**Stored items:**
────────────────────

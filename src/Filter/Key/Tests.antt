-- ===== src/Filter/Key/Tests.antt =====
-- Keys at February 29 of 2024, 13:47, on a clock that shows UTC.
use easymail.Base.{ℕ, ◌≡◌, ◌+◌, ◌*◌, ◌-◌, refl, none, some, codes}
use easymail.Base.Int.{pos}
use easymail.Clock.{
  date_of, month_start, iso_week, minute_ns, hour_ns, day_ns, format_minute, format_hour,
}
use easymail.Filter.{minute, hour, day, year}
use easymail.Filter.Metric.{FilterMetric, zero_metric}
use easymail.Filter.Key.{
  truncate_time_by_minute, truncate_time_by_hour, window_text, make_filter_metric_key,
}
use easymail.Filter.Key.Laws.{window, truncate_time_window}

abbrev utc : ℕ → ℕ
utc t = t

abbrev leap_day : ℕ
leap_day = 63844811220000000005

dated : date_of 738944 ≡ record { year = 2024; month = 2; day = 29; year_day = 59 }
unfolding date_of
dated = refl

started : month_start (2024 * 12 + 1) ≡ 738944 - 28
unfolding month_start
started = refl

weeks : iso_week 738944 ≡ (2024, 9)
unfolding iso_week
weeks = refl

shown : format_minute utc leap_day ≡ codes "202402291347"
unfolding format_minute
shown = refl

-- Up to the next quarter of an hour, and to the next multiple of six hours.
next_quarter : window_text utc utc minute leap_day (pos 15) ≡ some (codes "202402291400")
unfolding window_text
next_quarter = refl

next_shift : window_text utc utc hour leap_day (pos 6) ≡ some (codes "2024022918")
unfolding window_text
next_shift = refl

-- Days of one, and the year of two, which is up by the remainder of the month.
one_day : window_text utc utc day leap_day (pos 1) ≡ some (codes "20240229")
unfolding window_text
one_day = refl

same_year : window_text utc utc year leap_day (pos 2) ≡ some (codes "2024")
unfolding window_text
same_year = refl

next_year : window_text utc utc year (leap_day + day_ns) (pos 2) ≡ some (codes "2025")
unfolding window_text
next_year = refl

truncate_time_window_example :
    (truncate_time_by_minute utc utc leap_day (pos 15)
      ≡ some (format_minute utc (window minute_ns 15 leap_day)))
    × (truncate_time_by_hour utc utc leap_day (pos 6)
        ≡ some (format_hour utc (window hour_ns 6 leap_day)))
truncate_time_window_example = truncate_time_window utc utc leap_day 14 5 refl refl refl refl

abbrev rate : FilterMetric
rate = record zero_metric { name = codes "rate"; unit = hour; interval = pos 0 }

no_interval : make_filter_metric_key utc utc leap_day rate ≡ none
unfolding make_filter_metric_key
no_interval = refl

────────────────────

**Task item:**
Repeat all of the data exactly.

**Solution:**
filename src/Filter/Key/Tests.antt
-- ===== src/Filter/Key/Tests.antt =====
-- Keys at February 29 of 2024, 13:47, on a clock that shows UTC.
use easymail.Base.{ℕ, ◌≡◌, ◌+◌, ◌*◌, ◌-◌, refl, none, some, codes}
use easymail.Base.Int.{pos}
use easymail.Clock.{
  date_of, month_start, iso_week, minute_ns, hour_ns, day_ns, format_minute, format_hour,
}
use easymail.Filter.{minute, hour, day, year}
use easymail.Filter.Metric.{FilterMetric, zero_metric}
use easymail.Filter.Key.{
  truncate_time_by_minute, truncate_time_by_hour, window_text, make_filter_metric_key,
}
use easymail.Filter.Key.Laws.{window, truncate_time_window}

abbrev utc : ℕ → ℕ
utc t = t

abbrev leap_day : ℕ
leap_day = 63844811220000000005

dated : date_of 738944 ≡ record { year = 2024; month = 2; day = 29; year_day = 59 }
unfolding date_of
dated = refl

started : month_start (2024 * 12 + 1) ≡ 738944 - 28
unfolding month_start
started = refl

weeks : iso_week 738944 ≡ (2024, 9)
unfolding iso_week
weeks = refl

shown : format_minute utc leap_day ≡ codes "202402291347"
unfolding format_minute
shown = refl

-- Up to the next quarter of an hour, and to the next multiple of six hours.
next_quarter : window_text utc utc minute leap_day (pos 15) ≡ some (codes "202402291400")
unfolding window_text
next_quarter = refl

next_shift : window_text utc utc hour leap_day (pos 6) ≡ some (codes "2024022918")
unfolding window_text
next_shift = refl

-- Days of one, and the year of two, which is up by the remainder of the month.
one_day : window_text utc utc day leap_day (pos 1) ≡ some (codes "20240229")
unfolding window_text
one_day = refl

same_year : window_text utc utc year leap_day (pos 2) ≡ some (codes "2024")
unfolding window_text
same_year = refl

next_year : window_text utc utc year (leap_day + day_ns) (pos 2) ≡ some (codes "2025")
unfolding window_text
next_year = refl

truncate_time_window_example :
    (truncate_time_by_minute utc utc leap_day (pos 15)
      ≡ some (format_minute utc (window minute_ns 15 leap_day)))
    × (truncate_time_by_hour utc utc leap_day (pos 6)
        ≡ some (format_hour utc (window hour_ns 6 leap_day)))
truncate_time_window_example = truncate_time_window utc utc leap_day 14 5 refl refl refl refl

abbrev rate : FilterMetric
rate = record zero_metric { name = codes "rate"; unit = hour; interval = pos 0 }

no_interval : make_filter_metric_key utc utc leap_day rate ≡ none
unfolding make_filter_metric_key
no_interval = refl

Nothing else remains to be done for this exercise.